Don't know if you are going to get many answers to your question here. Not many of us U.S. pipers use 9mm filters/pipes.


----------



## Thillium (Jan 14, 2008)

Threw mine out.


----------



## Spect (Sep 19, 2007)

:tpd:


----------



## EvanS (Dec 29, 2006)

Zero here


----------



## Don Fernando (Jan 1, 2000)

I use a 9mm balsa in 2 of my pipes. I change it out when I'm done smoking a bowl & cleaning the pipe.

so .... 1.


----------



## Subotaj (Jan 8, 2008)

> Don't know if you are going to get many answers to your question here. Not many of us U.S. pipers use 9mm filters/pipes.


I'm sure i'm not alone here,
I myself new to 9mm and you know, I like it!
It's hard burn the tongue with this shit


----------



## Don Fernando (Jan 1, 2000)

Subotaj said:


> I'm sure i'm not alone here,
> I myself new to 9mm and you know, I like it!
> It's hard burn the tongue with this shit


You're not alone. *we* may be alone ... but you're not. :r


----------



## DubintheDam (Jun 5, 2007)

You can get 2-3 smokes from the one filter, but I would strongly advise changing after every smoke, why? Well, regardless if they are charcoal or balsa, they retain a lot of moisture and leaving them in the pipe reduces it's ability to to dry out quickly, I pick-up a bag of Big Ben filters here for about €20 for 200, I'm sure you could get the same on-line in/via the states for $18. I'm a big fan of 9mm filter pipes, and swear many baccy' s smoke much better WITH a filter. I feel there is this 'old school' mentality that filter pipes are a waste of time...this is because most of the 'old school' haven't really given them a serious try.

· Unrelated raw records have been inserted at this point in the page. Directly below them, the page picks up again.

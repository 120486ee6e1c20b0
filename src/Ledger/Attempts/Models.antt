-- ===== src/Ledger/Attempts/Models.antt =====
-- The events of experiment attempts, their validator and the fields of a new event.
use agent_loop_gate.Base.{
  ℕ, String, Bool, false, not, ◌&&◌, Option, none, some, List, [], Result, ok, raise_if, ◌>>◌, same,
  values, any, is_none, string_eq, option_eq, product_eq, str_eq, if◌then◌else◌, Eq,
}
use agent_loop_gate.Base.Int.{ℤ, pos, ltb_ℤ}
use agent_loop_gate.Base.Decimals.{Decimal, whole}
use agent_loop_gate.Schemas.{Digest, ArtifactId, NonEmpty, UtcDateTime}
use agent_loop_gate.Schemas.Evidence.{is_blank}
use agent_loop_gate.Runtime.Usage.{
  AttemptState, started, completed, failed, attempt_state_eq, CostStatus, pending, exact,
  not_applicable, cost_status_eq,
}

-- The fields of an event but its id and its digest.
pub record AttemptFields : Type 0 where
  pub attempt_id : ArtifactId
  pub experiment_id : ArtifactId
  pub operation : NonEmpty
  pub state : AttemptState
  pub recorded_at : UtcDateTime
  pub protocol_digest : Digest
  pub study_digest : Option Digest
  pub source_revision : Option String
  pub stage : Option String
  pub batch_id : Option ArtifactId
  pub snapshot_id : Option ArtifactId
  pub candidate_id : Option ArtifactId
  pub spec_digest : Option Digest
  pub command : List String
  pub duration_ms : Option ℕ
  pub exit_code : Option ℤ
  pub resumed : Bool
  pub cost_status : CostStatus
  pub known_cost_usd : Option Decimal
  pub cost_artifact : Option String
  pub cost_digest : Option Digest
  pub result_artifacts : List (String × Digest)
  pub counters : List (String × ℤ)
  pub error_type : Option String
  pub error_message : Option String
  pub recovery_action : Option String

pub record ExperimentAttemptEvent : Type 0 where
  pub fields : AttemptFields
  pub event_id : ArtifactId
  pub event_digest : Digest

-- `lifecycle_is_consistent`
unfoldable pub check_attempt : AttemptFields → Result String (Unit {0})
check_attempt f = do
  raise_if (same f.state started && not (same f.cost_status pending))
      "started attempts require pending cost status"
  raise_if (same f.state failed && is_blank f.error_type) "failed attempts require an error type"
  raise_if (same f.cost_status exact && is_none f.known_cost_usd)
      "exact attempt cost requires a value"
  raise_if (any (λ c. ltb_ℤ c (pos 0)) (values f.counters)) "attempt counters must be non-negative"
  ok tt

abbrev pub EventPath : Type 0
EventPath = ArtifactId × ArtifactId

instance abbrev pub event_path_eq : Eq EventPath
event_path_eq = product_eq string_eq string_eq

abbrev pub AttemptLedger : Type 0
AttemptLedger = List (EventPath × ExperimentAttemptEvent)

-- The keyword arguments of `begin`.
pub record AttemptStart : Type 0 where
  pub operation : NonEmpty
  pub protocol_digest : Digest
  pub study_digest : Option Digest
  pub source_revision : Option String
  pub stage : Option String
  pub batch_id : Option ArtifactId
  pub snapshot_id : Option ArtifactId
  pub candidate_id : Option ArtifactId
  pub spec_digest : Option Digest
  pub command : List String
  pub recovery_action : Option String

-- The keyword arguments of `complete`, with what it reads of the cost accounting.
pub record AttemptEnd : Type 0 where
  pub exit_code : ℤ
  pub resumed : Bool
  pub accounting_status : CostStatus
  pub total_cost_lower_bound_usd : Option Decimal
  pub cost_digest : Digest
  pub cost_artifact : String
  pub result_artifacts : List (String × Digest)
  pub counters : List (String × ℤ)
  pub attempt_cost_status : Option CostStatus
  pub attempt_known_cost_usd : Option Decimal

-- The arguments of `fail`: the exception's type and its text, and the keyword arguments.
pub record AttemptFailure : Type 0 where
  pub type_name : String
  pub message : String
  pub exit_code : Option ℤ
  pub recovery_action : String
  pub cost_status : CostStatus
  pub known_cost_usd : Option Decimal
  pub result_artifacts : List (String × Digest)

abbrev status_or : CostStatus → Option CostStatus → CostStatus
status_or s none = s
status_or s (some t) = t

abbrev cost_or : Option Decimal → Option Decimal → Option Decimal
cost_or c none = c
cost_or c (some d) = some d

abbrev pub start_fields : ArtifactId → ArtifactId → UtcDateTime → AttemptStart → AttemptFields
start_fields experiment_id attempt_id now a = record {
  attempt_id = attempt_id;
  experiment_id = experiment_id;
  operation = a.operation;
  state = started;
  recorded_at = now;
  protocol_digest = a.protocol_digest;
  study_digest = a.study_digest;
  source_revision = a.source_revision;
  stage = a.stage;
  batch_id = a.batch_id;
  snapshot_id = a.snapshot_id;
  candidate_id = a.candidate_id;
  spec_digest = a.spec_digest;
  command = a.command;
  duration_ms = none;
  exit_code = none;
  resumed = false;
  cost_status = pending;
  known_cost_usd = none;
  cost_artifact = none;
  cost_digest = none;
  result_artifacts = [];
  counters = [];
  error_type = none;
  error_message = none;
  recovery_action = a.recovery_action;
}

abbrev pub complete_fields : AttemptFields → UtcDateTime → ℕ → AttemptEnd → AttemptFields
complete_fields f now ms a = record f {
  state = completed;
  recorded_at = now;
  duration_ms = some ms;
  exit_code = some a.exit_code;
  resumed = a.resumed;
  cost_status = status_or a.accounting_status a.attempt_cost_status;
  known_cost_usd = cost_or a.total_cost_lower_bound_usd a.attempt_known_cost_usd;
  cost_artifact = some a.cost_artifact;
  cost_digest = some a.cost_digest;
  result_artifacts = a.result_artifacts;
  counters = a.counters;
}

abbrev pub no_model_fields :
    AttemptFields → UtcDateTime → ℕ → ℤ → List (String × Digest) → List (String × ℤ) → AttemptFields
no_model_fields f now ms exit_code artifacts counters = record f {
  state = completed;
  recorded_at = now;
  duration_ms = some ms;
  exit_code = some exit_code;
  cost_status = not_applicable;
  known_cost_usd = some (whole 0);
  result_artifacts = artifacts;
  counters = counters;
}

abbrev text_or : String → String → String
text_or fallback s = if str_eq s "" then fallback else s

abbrev pub fail_fields :
    (String → String) → AttemptFields → UtcDateTime → ℕ → AttemptFailure → AttemptFields
fail_fields sanitize f now ms a = record f {
  state = failed;
  recorded_at = now;
  duration_ms = some ms;
  exit_code = a.exit_code;
  cost_status = a.cost_status;
  known_cost_usd = a.known_cost_usd;
  result_artifacts = a.result_artifacts;
  error_type = some a.type_name;
  error_message = some (text_or a.type_name (sanitize a.message));
  recovery_action = some a.recovery_action;
}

My wife loves a pull on my pipe, she will often say after one pull, "yuch, no filter, tastes too bitter and stingy", she usually right. I reserve my non-filter pipes for my latakia's, Va/Per's and smooth Navy's.

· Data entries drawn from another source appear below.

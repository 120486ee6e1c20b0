-- ===== src/Ledger/Attempts/Events.antt =====
-- The operations of ExperimentAttemptLedger.
use Prim.Native.String.{◌++◌ as str_append}
use agent_loop_gate.Base.{
  ℕ, String, Bool, not, ◌&&◌, some, List, [], ◌∷◌, Result, ok, raise_if, ◌>>◌, ◌>>=◌, same,
  contains, insert, keys, values, any, string_eq, option_eq, if◌then◌else◌, ltb,
}
use agent_loop_gate.Base.Int.{ℤ}
use agent_loop_gate.Base.Sorting.{sorted, str_lt, lex}
use agent_loop_gate.Base.Texts.{short_digest}
use agent_loop_gate.Schemas.{Digest, ArtifactId, UtcDateTime}
use agent_loop_gate.Runtime.Usage.{started, completed, attempt_state_eq, cost_status_eq}
use agent_loop_gate.Ledger.Attempts.Models.{
  AttemptFields, ExperimentAttemptEvent, event_path_eq, AttemptLedger, AttemptStart, AttemptEnd,
  AttemptFailure, check_attempt, start_fields, complete_fields, no_model_fields, fail_fields,
}

unfoldable pub event_id_of : Digest → ArtifactId
unfolding short_digest
event_id_of digest = str_append "EV_" (short_digest digest)

-- The order of `events_for_batch`: the time, STARTED first, and the id.
abbrev state_rank : ExperimentAttemptEvent → ℕ
state_rank e = if same e.fields.state started then 0 else 1

unfoldable pub comes_before : ExperimentAttemptEvent → ExperimentAttemptEvent → Bool
unfolding str_lt
comes_before = lex (
    (λ a b. str_lt a.fields.recorded_at b.fields.recorded_at)
    ∷ (λ a b. ltb (state_rank a) (state_rank b))
    ∷ (λ a b. str_lt a.event_id b.event_id)
    ∷ [])

module _ (canonical_digest : AttemptFields → Digest) where
  -- `_event`
  unfoldable pub make_event : AttemptFields → Result String ExperimentAttemptEvent
  unfolding check_attempt event_id_of
  make_event f = do
    check_attempt f
    ok (record {
      fields = f;
      event_id = event_id_of (canonical_digest f);
      event_digest = canonical_digest f;
    })

  -- `_verify_event`
  unfoldable pub verify_event : ExperimentAttemptEvent → Result String (Unit {0})
  unfolding event_id_of
  verify_event e = do
    raise_if (not (same (canonical_digest e.fields) e.event_digest)) "attempt event digest mismatch"
    raise_if (not (same e.event_id (event_id_of e.event_digest))) "attempt event id mismatch"
    ok tt

  -- `_append`, which creates a file that must not be there.
  unfoldable pub append_event : AttemptLedger → ExperimentAttemptEvent → Result String AttemptLedger
  unfolding verify_event
  append_event ledger e = do
    verify_event e
    raise_if (contains (e.fields.attempt_id, e.event_id) (keys ledger))
        "attempt ledger write failed"
    ok (insert (e.fields.attempt_id, e.event_id) e ledger)

  -- An event is made and appended.
  unfoldable pub record_event :
      AttemptLedger → AttemptFields → Result String (AttemptLedger × ExperimentAttemptEvent)
  unfolding make_event append_event
  record_event ledger f = do e ← make_event f; next ← append_event ledger e; ok (next, e)

  -- `begin`, whose event is the handle of the attempt.
  unfoldable pub begin :
      ArtifactId
      → AttemptLedger
      → ArtifactId
      → UtcDateTime
      → AttemptStart
      → Result String (AttemptLedger × ExperimentAttemptEvent)
  unfolding record_event
  begin experiment_id ledger attempt_id now a =
      record_event ledger (start_fields experiment_id attempt_id now a)

  unfoldable pub complete :
      AttemptLedger
      → ExperimentAttemptEvent
      → UtcDateTime
      → ℕ
      → AttemptEnd
      → Result String (AttemptLedger × ExperimentAttemptEvent)
  unfolding record_event
  complete ledger handle now ms a = record_event ledger (complete_fields handle.fields now ms a)

  unfoldable pub complete_no_model_operation :
      AttemptLedger
      → ExperimentAttemptEvent
      → UtcDateTime
      → ℕ
      → ℤ
      → List (String × Digest)
      → List (String × ℤ)
      → Result String (AttemptLedger × ExperimentAttemptEvent)
  unfolding record_event
  complete_no_model_operation ledger handle now ms exit_code artifacts counters =
      record_event ledger (no_model_fields handle.fields now ms exit_code artifacts counters)

  unfoldable pub fail :
      (String → String)
      → AttemptLedger
      → ExperimentAttemptEvent
      → UtcDateTime
      → ℕ
      → AttemptFailure
      → Result String (AttemptLedger × ExperimentAttemptEvent)
  unfolding record_event
  fail sanitize ledger handle now ms a =
      record_event ledger (fail_fields sanitize handle.fields now ms a)

  -- The loop over the files of `events_for_batch`, which are read in the order of the store.
  unfoldable pub batch_events :
      ArtifactId → List ExperimentAttemptEvent → Result String (List ExperimentAttemptEvent)
  unfolding check_attempt verify_event
  batch_events batch_id [] = ok []
  batch_events batch_id (e ∷ rest) = do
    check_attempt e.fields
    verify_event e
    others ← batch_events batch_id rest
    ok (if same e.fields.batch_id (some batch_id) then e ∷ others else others)

  unfoldable pub events_for_batch :
      AttemptLedger → ArtifactId → Result String (List ExperimentAttemptEvent)
  unfolding batch_events sorted comes_before
  events_for_batch ledger batch_id = do
    events ← batch_events batch_id (values ledger)
    ok (sorted comes_before events)

  unfoldable pub has_completed_batch : AttemptLedger → ArtifactId → Digest → Result String Bool
  unfolding events_for_batch
  has_completed_batch ledger batch_id spec_digest = do
    events ← events_for_batch ledger batch_id
    ok (
        any (λ e. same e.fields.state completed && same e.fields.spec_digest (some spec_digest))
          events)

Hope that helps. Lastly there are differences in the quality and removal qualities according to each brand of 9mm filters. So finding one to suit is also worth while.

dub


----------



## Subotaj (Jan 8, 2008)

DubintheDam,
thanks for info.


----------



## Mad Hatter (Apr 8, 2007)

DubintheDam said:


> You can get 2-3 smokes from the one filter, but I would strongly advise changing after every smoke, why? Well, regardless if they are charcoal or balsa, they retain a lot of moisture and leaving them in the pipe reduces it's ability to to dry out quickly, I pick-up a bag of Big Ben filters here for about €20 for 200, I'm sure you could get the same on-line in/via the states for $18. I'm a big fan of 9mm filter pipes, and swear many baccy' s smoke much better WITH a filter. I feel there is this 'old school' mentality that filter pipes are a waste of time...this is because most of the 'old school' haven't really given them a serious try.
> 
> My wife loves a pull on my pipe, she will often say after one pull, "yuch, no filter, tastes too bitter and stingy", she usually right. I reserve my non-filter pipes for my latakia's, Va/Per's and smooth Navy's.
> 
> ...


:tpd: I say 2, 3, or 4....... usually 3. The next wave of pipes I get I plan to be Peterson filter pipes.


----------



## Bridges (Jan 6, 2008)

I don't use them anymore but when I did I'd change them about every 2-3 smokes. They get really nasty and are a pain IMO so I quit using them altogether.


----------



## otto (Dec 1, 2007)

My Savinelli's use 6mm balsa, I change them every 2-3 smokes. They soak up a lot of juice.


----------



## Bridges (Jan 6, 2008)

I've got a system Peterson and I like it better than the filters. Just let gravity do the work. It catches a lot of moisture.


----------